By the velocity model:
Pena is CF: -0.00312
Pena in RF: -0.00483
By the distance model.
Pena in CF: -0.00211
Pena in RF: -0.00653
Yes, he plays better in center, but I wouldn't call him good.
I like the second system better for one reason: it dislikes Shawn Green's defense more than the first system. As a big Mets fan who had to avert my eyes whenever the ball was hit to the right side of Carlos Beltran, I am confident that Green is the slowest outfielder I've ever seen. I know that the purpose of Sabermetrics is to downgrade the analytical weight accorded to first-person impressions, but I'm fairly confident in this one.
I'd also prefer the second model. From the games I watched this year, it seems to concur with what my eyes told me more accurately than the velocity based one. It passes the sniff test.
The second model made much more sense Bernie Williams was flat out attrocious this year in RF, there's no way he could be better than anyone except Jeromy Burnitez.
Also, Jacque Jones is pretty bad out there too, so the first model's high ranking of him just don't make much sense.
I agree that the second model makes more sense, but I base this purely on observing Jay Gibbons play RF. The second system rates him dramatically below his replacement, Nick Markakis, and seems to honor everyone in Baltimore's impression that Gibbons, while a standup guy, moves like a tree in RF.
well assuming your hypothesis is correct, the next step is to find out whether some "outs" are worth more than others. saving a double is more valuable than saving a single, but at what cost? it's the defensive equivalent of obp vs. slug.
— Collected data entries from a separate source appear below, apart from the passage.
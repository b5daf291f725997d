-- ===== src/Model/Complex.antt =====
-- spyne/model/complex.py: classes with members. Classes are numbered in the order of their creation;
-- this file has the tables of their members and `_get_flat_type_info`.
pub mod Flat
pub mod Simple
pub mod Order
use spyne.Prelude.{
  ℕ, zero, suc, nat_eq, string_eq, String, Bool, Option, none, some, List, [], ◌∷◌, ◌++◌,
  if◌then◌else◌,
}
use spyne.Prelude.Dict
use spyne.Prelude.Dict.{Dict}
use spyne.Prelude.Exec.{Result, ok, err}
use spyne.Util.Odict.{Odict, OdictError, merge}

-- `__extends__`, `_type_info` and `_type_info_alt`; a member's type is a class, and `alt` has the
-- type of a member and its name by the other name that it goes by.
pub record Class : Type 0 where
  pub extends : Option ℕ
  pub type_info : Odict String ℕ
  pub type_info_alt : Dict String (ℕ × String)

-- A `TypeInfo` that is filled with the members of a class and of those it extends.
pub record TypeInfo : Type 0 where
  pub members : Odict String ℕ
  pub alt : Dict String (ℕ × String)
  pub attrs : Dict String ℕ

abbrev pub no_members : TypeInfo
no_members = record { members = record { list = []; dict = [] }; alt = []; attrs = [] }

pub data FlatError : Type 0 where
  out_of_fuel : FlatError
  from_odict : OdictError → FlatError

-- `d.update(e)` for dictionaries of the language
unfoldable pub put_all : {V : Type 0} → Dict String V → Dict String V → Dict String V
put_all d [] = d
put_all d ((k, v) ∷ e) = put_all (Dict.put d k v) e

-- the members whose type is a subclass of XmlAttribute
unfoldable pub attributes : (ℕ → Bool) → Dict String ℕ → Dict String ℕ
attributes is_attribute [] = []
attributes is_attribute ((k, t) ∷ members) =
    let rest = attributes is_attribute members in if is_attribute t then (k, t) ∷ rest else rest

abbrev pub filled : (ℕ → Bool) → Class → TypeInfo → Odict String ℕ → TypeInfo
filled is_attribute cls retval members = record {
  members = members;
  alt = put_all retval.alt cls.type_info_alt;
  attrs = put_all retval.attrs (attributes is_attribute cls.type_info.dict);
}

abbrev pub with_members :
    (ℕ → Bool) → Class → TypeInfo → Result OdictError (Odict String ℕ) → Result FlatError TypeInfo
with_members is_attribute cls retval (err e) = err (from_odict e)
with_members is_attribute cls retval (ok members) = ok (filled is_attribute cls retval members)

-- what `_get_flat_type_info` adds for a class itself
unfoldable pub add_own : (ℕ → Bool) → Class → TypeInfo → Result FlatError TypeInfo
unfolding put_all attributes
add_own is_attribute cls retval =
    with_members is_attribute cls retval (merge cls.type_info retval.members)

abbrev pub then_add : (ℕ → Bool) → Class → Result FlatError TypeInfo → Result FlatError TypeInfo
then_add is_attribute cls (err e) = err e
then_add is_attribute cls (ok retval) = add_own is_attribute cls retval

-- the call for the class that is extended, if there is one
abbrev pub flat_parent :
    (ℕ → TypeInfo → Result FlatError TypeInfo) → Option ℕ → TypeInfo → Result FlatError TypeInfo
flat_parent flat none retval = ok retval
flat_parent flat (some parent) retval = flat parent retval

module _ (is_attribute : ℕ → Bool) (classes : ℕ → Class) where
  -- `_get_flat_type_info`
  unfoldable pub flat_type_info : ℕ → ℕ → TypeInfo → Result FlatError TypeInfo
  unfolding add_own
  flat_type_info zero c retval = err out_of_fuel
  flat_type_info (suc fuel) c retval =
      then_add is_attribute (classes c)
        (flat_parent (flat_type_info fuel) (classes c).extends retval)

  -- `ComplexModelBase.get_flat_type_info`
  unfoldable pub get_flat_type_info : ℕ → Result FlatError TypeInfo
  unfolding flat_type_info
  get_flat_type_info c = flat_type_info (suc c) c no_members
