-- ===== src/Util/Odict/Order.antt =====
-- Lists of distinct keys under `index`, `del` and `insert`.
use spyne.Prelude.{
  ℕ, suc, zero, ◌≡◌, refl, ap, ◌∙◌, Bool, true, false, not, ◌||◌, some, is_none, List, [], ◌∷◌,
  ◌++◌, length, contains, Distinct, Eq, ◌=?◌, if◌then◌else◌, arith,
}
use spyne.Util.Odict.{delete_at, insert_at, index_of}

module _ {K : Type 0} ⦃e : Eq K⦄ where
  pub index_of-contains : (l : List K) (k : K) → contains l k ≡ not (is_none (index_of l k))
  unfolding index_of
  index_of-contains [] k = refl
  index_of-contains (x ∷ l) k = ground (arith, index_of-contains l k)

  pub length-insert_at : (l : List K) (i : ℕ) (k : K) → length (insert_at l i k) ≡ suc (length l)
  unfolding insert_at
  length-insert_at l zero k = refl
  length-insert_at [] (suc i) k = refl
  length-insert_at (x ∷ l) (suc i) k = ap suc (length-insert_at l i k)

  pub contains-insert_at :
      (l : List K) (i : ℕ) (k j : K) → contains (insert_at l i k) j ≡ ((k =? j) || contains l j)
  unfolding insert_at
  contains-insert_at l zero k j = refl
  contains-insert_at [] (suc i) k j = refl
  contains-insert_at (x ∷ l) (suc i) k j = ground (arith, contains-insert_at l i k j)

  pub Distinct-insert_at :
      (l : List K) (i : ℕ) (k : K) → Distinct l → contains l k ≡ false → Distinct (insert_at l i k)
  unfolding insert_at
  Distinct-insert_at l zero k d h = (h, d)
  Distinct-insert_at [] (suc i) k d h = (refl, tt)
  Distinct-insert_at (x ∷ l) (suc i) k d h = (
    ground (arith, d.0, contains-insert_at l i k x, e.beq_iff k x, e.beq_iff x k),
    Distinct-insert_at l i k d.1 (ground arith),
  )

  pub append-insert_at : (l : List K) (k : K) → l ++ k ∷ [] ≡ insert_at l (length l) k
  unfolding insert_at
  append-insert_at [] k = refl
  append-insert_at (x ∷ l) k = ap (λ r. x ∷ r) (append-insert_at l k)

  -- What `del l[l.index(k)]` leaves.
  abbrev delete_first : List K → K → List K
  delete_first [] k = []
  delete_first (x ∷ l) k = let rest = delete_first l k in if x =? k then l else x ∷ rest

  delete_at-index_of :
      (l : List K) (k : K) (i : ℕ) → index_of l k ≡ some i → delete_at l i ≡ delete_first l k
  unfolding index_of delete_at
  delete_at-index_of [] k i h = cc
  delete_at-index_of (x ∷ l) k zero h = ground arith
  delete_at-index_of (x ∷ l) k (suc i) h = ground (arith, delete_at-index_of l k i)

  contains-delete_first :
      (l : List K) (k j : K)
      → Distinct l
      → contains (delete_first l k) j ≡ (if k =? j then false else contains l j)
  contains-delete_first [] k j d = ground arith
  contains-delete_first (x ∷ l) k j d =
      ground
        (arith, d.0, contains-delete_first l k j d.1, e.beq_iff k j, e.beq_iff x j, e.beq_iff x k)

  Distinct-if : (b : Bool) (l r : List K) → Distinct l → Distinct r → Distinct (if b then l else r)
  Distinct-if true l r dl dr = dl
  Distinct-if false l r dl dr = dr

  Distinct-delete_first : (l : List K) (k : K) → Distinct l → Distinct (delete_first l k)
  Distinct-delete_first [] k d = d
  Distinct-delete_first (x ∷ l) k d =
      Distinct-if (x =? k) l _ d.1
        (ground (arith, d.0, contains-delete_first l k x d.1), Distinct-delete_first l k d.1)

  pub length-delete_at :
      (l : List K) (k : K) (i : ℕ) → index_of l k ≡ some i → suc (length (delete_at l i)) ≡ length l
  unfolding index_of delete_at
  length-delete_at [] k i h = cc
  length-delete_at (x ∷ l) k zero h = refl
  length-delete_at (x ∷ l) k (suc i) h = ground (arith, length-delete_at l k i)

  pub contains-delete_at :
      (l : List K) (k j : K) (i : ℕ)
      → Distinct l
      → index_of l k ≡ some i
      → contains (delete_at l i) j ≡ (if k =? j then false else contains l j)
  contains-delete_at l k j i d h =
      ap (λ r. contains r j) (delete_at-index_of l k i h) ∙ contains-delete_first l k j d

  pub Distinct-delete_at :
      (l : List K) (k : K) (i : ℕ) → Distinct l → index_of l k ≡ some i → Distinct (delete_at l i)
  Distinct-delete_at l k i d h = rw (delete_at-index_of l k i h) (Distinct-delete_first l k d)
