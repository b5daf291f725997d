-- ===== src/Util/Odict/Laws.antt =====
-- The list of keys and the dict of spyne/util/odict.py stay in step, so no operation on a name
-- meets the assertions or a ValueError.
use spyne.Prelude.{
  ℕ, suc, ◌≡◌, refl, sym, ap, ◌∙◌, Bool, true, false, not, ◌||◌, some, is_none, Option-cases,
  Bool-cases, inl, inr, List, [], ◌∷◌, ◌++◌, length, contains, Distinct, Eq, ◌=?◌, beq_refl,
  if◌then◌else◌, arith, ==_iff,
}
use spyne.Prelude.Dict
use spyne.Prelude.Dict.{
  Dict, dict_laws, keys, contains-keys, get-put, get-remove, length-put, length-remove,
  Distinct-put, Distinct-remove,
}
use spyne.Prelude.Exec.{ok}
use spyne.Util.Odict.{
  Odict, name, setitem, delitem, insert, update, items, has, delete_at, insert_at, index_of,
  checked,
}
use spyne.Util.Odict.Order.{
  index_of-contains, length-insert_at, contains-insert_at, Distinct-insert_at, append-insert_at,
  length-delete_at, contains-delete_at, Distinct-delete_at,
}

-- The list holds the keys of the dict, once each.
pub record IsValid {K V : Type 0} ⦃e : Eq K⦄ (d : Odict K V) : Type 0 where
  pub distinct : Distinct d.list
  pub unique : Distinct (keys d.dict)
  pub same_keys : (k : K) → contains d.list k ≡ has d k
  pub same_size : length d.list ≡ length d.dict

pub empty-IsValid :
    {K V : Type 0} ⦃e : Eq K⦄ → IsValid {K = K} {V = V} (record { list = []; dict = [] })
unfolding Dict.get
empty-IsValid = record { distinct = tt; unique = tt; same_keys = λ k. refl; same_size = refl }

module _ {K V : Type 0} ⦃e : Eq K⦄ where
  -- Putting a key at any place of a list that lacks it keeps list and dict in step.
  IsValid-put :
      (l : List K) (i : ℕ) (d : Dict K V) (k : K) (v : V)
      → Distinct l
      → Distinct (keys d)
      → contains l k ≡ false
      → ((j : K) → ((k =? j) || contains l j) ≡ ((k =? j) || not (is_none (Dict.get d j))))
      → suc (length l) ≡ length (Dict.put d k v)
      → IsValid (record { list = insert_at l i k; dict = Dict.put d k v })
  IsValid-put l i d k v u uk absent same size = record {
    distinct = Distinct-insert_at l i k u absent;
    unique = Distinct-put d k v uk;
    same_keys = λ j. ground (arith, contains-insert_at l i k j, same j, get-put d k j v);
    same_size = length-insert_at l i k ∙ size;
  }

  IsValid-fresh :
      (d : Odict K V) (i : ℕ) (k : K) (v : V)
      → IsValid d
      → has d k ≡ false
      → IsValid (record { list = insert_at d.list i k; dict = Dict.put d.dict k v })
  IsValid-fresh d i k v h p =
      IsValid-put d.list i d.dict k v h.distinct h.unique (h.same_keys k ∙ p)
        (λ j. ground (arith, h.same_keys j)) (ground (arith, h.same_size, length-put d.dict k v))

  IsValid-new :
      (d : Odict K V) (k : K) (v : V)
      → IsValid d
      → (b : Bool) → has d k ≡ b
      → IsValid
          (record { list = if b then d.list else d.list ++ k ∷ []; dict = Dict.put d.dict k v })
  IsValid-new d k v h true p = record {
    distinct = h.distinct;
    unique = Distinct-put d.dict k v h.unique;
    same_keys = λ j. ground (arith, h.same_keys j, get-put d.dict k j v, e.beq_iff k j);
    same_size = ground (arith, h.same_size, length-put d.dict k v);
  }
  IsValid-new d k v h false p =
      rw (append-insert_at d.list k) (IsValid-fresh d (length d.list) k v h p)

  checked-IsValid : (d : Odict K V) → IsValid d → checked d ≡ ok d
  unfolding checked
  checked-IsValid d h = ground (arith, h.same_size, ==_iff (length d.list) (length d.dict))

  -- the dictionary after an assignment to a name
  abbrev pub assigned : Odict K V → K → V → Odict K V
  assigned d k v = record {
    list = if has d k then d.list else d.list ++ k ∷ [];
    dict = Dict.put d.dict k v;
  }

  -- Assigning to a name never fails on a valid dictionary, and leaves a valid one.
  pub setitem-IsValid :
      (d : Odict K V) (k : K) (v : V)
      → IsValid d
      → (setitem d (name k) v ≡ ok (assigned d k v)) × IsValid (assigned d k v)
  unfolding setitem
  setitem-IsValid d k v h =
      (checked-IsValid _ (IsValid-new d k v h (has d k) refl), IsValid-new d k v h (has d k) refl)

  -- `update` with any pairs never fails on a valid dictionary, and leaves a valid one.
  pub update-IsValid :
      (l : List (K × V)) (d : Odict K V)
      → IsValid d
      → (d' : Odict K V) × (update l d ≡ ok d') × IsValid d'
  unfolding update
  update-IsValid [] d h = (d, refl, h)
  update-IsValid ((k, v) ∷ l) d h =
      let (e', h') = setitem-IsValid d k v h in
      let (d'', e'', h'') = update-IsValid l (assigned d k v) h' in (d'', rw e' e'', h'')

  IsValid-delete :
      (d : Odict K V) (k : K) (i : ℕ)
      → IsValid d
      → has d k ≡ true
      → index_of d.list k ≡ some i
      → IsValid (record { list = delete_at d.list i; dict = Dict.remove d.dict k })
  IsValid-delete d k i h p q = record {
    distinct = Distinct-delete_at d.list k i h.distinct q;
    unique = Distinct-remove d.dict k h.unique;
    same_keys = λ j.
        ground (
          arith,
          contains-delete_at d.list k j i h.distinct q,
          h.same_keys j,
          get-remove d.dict k j,
        );
    same_size = ground (
      arith,
      h.same_size,
      length-delete_at d.list k i q,
      length-remove d.dict k h.unique,
      contains-keys d.dict k,
    );
  }

  index_of-valid :
      (d : Odict K V) (k : K) → IsValid d → has d k ≡ true → (i : ℕ) × (index_of d.list k ≡ some i)
  index_of-valid d k h p = elim (Option-cases (index_of d.list k)) [
    | inl none_found ↦ absurd (ground (arith, h.same_keys k, index_of-contains d.list k))
    | inr found ↦ found
  ]

  -- Deleting a name that a valid dictionary has never fails, and leaves a valid one.
  pub delitem-IsValid :
      (d : Odict K V) (k : K)
      → IsValid d
      → has d k ≡ true
      → (d' : Odict K V) × (delitem d (name k) ≡ ok d') × IsValid d'
  unfolding delitem
  delitem-IsValid d k h p =
      let (i, q) = index_of-valid d k h p in (_, ground (arith, p, q), IsValid-delete d k i h p q)

  IsValid-move :
      (d : Odict K V) (i j : ℕ) (k : K) (v : V)
      → IsValid d
      → has d k ≡ true
      → index_of d.list k ≡ some j
      → IsValid (record { list = insert_at (delete_at d.list j) i k; dict = Dict.put d.dict k v })
  IsValid-move d i j k v h p q =
      IsValid-put (delete_at d.list j) i d.dict k v (Distinct-delete_at d.list k j h.distinct q)
        h.unique (ground (arith, contains-delete_at d.list k k j h.distinct q, beq_refl k))
        (λ x. ground (arith, contains-delete_at d.list k x j h.distinct q, h.same_keys x))
        (ground (arith, h.same_size, length-delete_at d.list k j q, length-put d.dict k v))

  -- Inserting a name at a place, which it may hold already, never fails on a valid dictionary, and
  -- leaves a valid one.
  pub insert-IsValid :
      (d : Odict K V) (i : ℕ) (k : K) (v : V)
      → IsValid d
      → (d' : Odict K V) × (insert d i k v ≡ ok d') × IsValid d'
  unfolding insert
  insert-IsValid d i k v h = elim (Bool-cases (has d k)) [
    | inl t ↦
        let (j, q) = index_of-valid d k h t in
        (_, ground (arith, t, q), IsValid-move d i j k v h t q)
    | inr f ↦ (_, ground (arith, f), IsValid-fresh d i k v h f)
  ]

  -- every name in the list has a value
  abbrev AllIn : Odict K V → List K → Type 0
  AllIn d l = (k : K) → contains l k ≡ true → has d k ≡ true

  items-all :
      (d : Odict K V) (l : List K)
      → AllIn d l
      → (r : List (K × V)) × (items d l ≡ ok r) × (keys r ≡ l)
  unfolding items
  items-all d [] h = ([], refl, refl)
  items-all d (k ∷ l) h =
      let (r, p, q) = items-all d l (λ j c. h j (ground arith)) in
      let has_k = h k (ground (arith, beq_refl k)) in
      elim (Option-cases (Dict.get d.dict k)) [
        | inl no_value ↦ absurd (ground arith)
        | inr (v, found) ↦ ((k, v) ∷ r, ground (arith, found, p), ap (λ x. k ∷ x) q)
      ]

  -- `items` of a valid dictionary never fails, and lists its keys in their order.
  pub keys-items :
      (d : Odict K V) → IsValid d → (r : List (K × V)) × (items d d.list ≡ ok r) × (keys r ≡ d.list)
  keys-items d h = items-all d d.list (λ k p. sym (h.same_keys k) ∙ p)
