-- ===== src/Util/Odict/Merge.antt =====
-- `update` of spyne/util/odict.py with another ordered dictionary.
use mathlib.Core.List.{append-nil, append_assoc}
use spyne.Prelude.{
  ◌≡◌, refl, sym, ap, ◌∙◌, Bool, true, false, Option, none, some, Option-cases, Bool-cases, inl,
  inr, List, [], ◌∷◌, ◌++◌, contains, Distinct, Eq, ◌=?◌, beq_refl, if◌then◌else◌, arith, eq_of_beq,
}
use spyne.Prelude.Dict
use spyne.Prelude.Dict.{get-put, contains-keys, keys}
use spyne.Prelude.Exec.{ok}
use spyne.Util.Odict.{Odict, update, items, merge, has}
use spyne.Util.Odict.Laws.{IsValid, assigned, setitem-IsValid}

module _ {V : Type 0} where
  abbrev pub or_else : Option V → Option V → Option V
  or_else none o = o
  or_else (some v) o = some v

module _ {K : Type 0} where
  longer :
      (b : Bool) (l m : List K) (k : K)
      → (if b then l else l ++ k ∷ []) ++ m ≡ l ++ (if b then m else k ∷ m)
  longer true l m k = refl
  longer false l m k = append_assoc l (k ∷ []) m

module _ {K V : Type 0} ⦃e : Eq K⦄ where
  -- The values of `a` win, and the keys of `d` come first, in their order.
  pub record Merges (a d d' : Odict K V) : Type 0 where
    pub valid : IsValid d'
    pub values : (k : K) → Dict.get d'.dict k ≡ or_else (Dict.get a.dict k) (Dict.get d.dict k)
    pub new_keys : List K
    pub order : d'.list ≡ d.list ++ new_keys

  update_values :
      (l : List (K × V)) (d : Odict K V)
      → IsValid d
      → Distinct (keys l)
      → (d' : Odict K V) × (update l d ≡ ok d')
        × IsValid d'
        × ((k : K) → Dict.get d'.dict k ≡ or_else (Dict.get l k) (Dict.get d.dict k))
        × (m : List K) × (d'.list ≡ d.list ++ m)
  unfolding update Dict.get
  update_values [] d h u = (d, refl, h, λ k. refl, [], sym (append-nil d.list))
  update_values ((j, v) ∷ l) d h u =
      let (made, h1) = setitem-IsValid d j v h in
      let (d', rest, h', values, m, order) = update_values l (assigned d j v) h1 u.1 in
      (
        d',
        rw made rest,
        h',
        λ k. ground (arith, values k, get-put d.dict j k v, u.0, contains-keys l k, e.beq_iff j k),
        if has d j then m else j ∷ m,
        order ∙ longer (has d j) d.list m j,
      )

  items_values :
      (d : Odict K V) (l : List K)
      → ((k : K) → contains l k ≡ true → has d k ≡ true)
      → (r : List (K × V)) × (items d l ≡ ok r)
        × (keys r ≡ l)
        × ((k : K) → Dict.get r k ≡ (if contains l k then Dict.get d.dict k else none))
  unfolding items Dict.get
  items_values d [] h = ([], refl, refl, λ k. refl)
  items_values d (j ∷ l) h =
      let (r, made, same, values) = items_values d l (λ k c. h k (ground (arith, c))) in
      let has_j = h j (ground (arith, beq_refl j)) in
      elim (Option-cases (Dict.get d.dict j)) [
        | inl absent ↦ absurd (ground (arith, has_j, absent))
        | inr (v, found) ↦ (
          (j, v) ∷ r,
          ground (arith, found, made),
          ap (λ x. j ∷ x) same,
          λ k. elim (Bool-cases (j =? k)) [
            | inl same' ↦
                let here : Dict.get d.dict k ≡ some v =
                  ap (Dict.get d.dict) (sym (eq_of_beq j k same')) ∙ found in
                rw (same', here) refl
            | inr other ↦ rw other (values k)
          ],
        )
      ]

  whole_if_there :
      (d : Odict K V) (k : K)
      → IsValid d
      → (if contains d.list k then Dict.get d.dict k else none) ≡ Dict.get d.dict k
  whole_if_there d k h = elim (Option-cases (Dict.get d.dict k)) [
    | inl absent ↦ ground (arith, absent)
    | inr (v, found) ↦ ground (arith, found, h.same_keys k)
  ]

  -- `update` with a valid dictionary never fails on a valid one. The values of the other dictionary
  -- win, and the new keys come behind the old ones.
  pub merge-Merges :
      (a d : Odict K V)
      → IsValid a
      → IsValid d
      → (d' : Odict K V) × (merge a d ≡ ok d') × Merges a d d'
  unfolding merge
  merge-Merges a d ha hd =
      let (r, listed, same, found) = items_values a a.list (λ k c. sym (ha.same_keys k) ∙ c) in
      let (d', made, valid, values, m, order) = update_values r d hd (rw same ha.distinct) in
      (
        d',
        rw listed made,
        record {
          valid = valid;
          values = λ k.
              values k ∙ ap (λ o. or_else o (Dict.get d.dict k)) (found k ∙ whole_if_there a k ha);
          new_keys = m;
          order = order;
        },
      )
Defenders might also be compelled to position themselves differently based on the score/runners on base/etc. Since even just five more caught balls make a significant difference in these models, it's difficult to just "give away" an out, but playing shallow in order to try to make a play on a winning run in the 9th, or the opposite and playing deep to prevent a double, these must happen to players at least a few times over the course of a season, and that would make quite a difference to these rankings. Perhaps the argument is that it pretty much averages out for everyone, but I think you'd still need to show that then.
Very interesting to see Mench move from one of the better RF's with the first method all the way down to the bottom with the 2nd one.
Also, Jacque Jones is pretty bad out there too, so the first model's high ranking of him just don't make much sense.
Actually...not really.
Jones has very good range and tracks a lot of balls down. His major weakness is his pathetic arm. But in terms of range, he has been quite good.
i didnt even know jose guillen played this year.
I agree that I find it hard to believe that Gibbons outranks Markakis.
Though I've only seen Markakis and Abreu play a single time, I'm surprised that both are ranked so low. Both seemed to get a measure on the ball right off the bat and have a good sense where to play the ball on a carom if it was out of their range.
There's no question that distance travelled is an absolute requirement, and I would not believe that "hardness of hit" ball can even be close to a proxy.
You also don't want "distance/100", unless you take the absolute value from the normal position. That is, if a corner OF plays 275 feet from home plate, then you need to take the absolute difference from 275 feet.
I would also combine the distance ball travelled and zone, since all you care about is how many feet the fielder has to run, and how long does it take him to run that distance.
While keeping the same model for IF and OF may be nice, it's hardly an overriding goal.
In short, scrap it, in favor of two models.
And, of course, you need to track XBH as well, since a guy who positions deep is purposely doing that tradeoff.
You *may* have similar issues with 3B.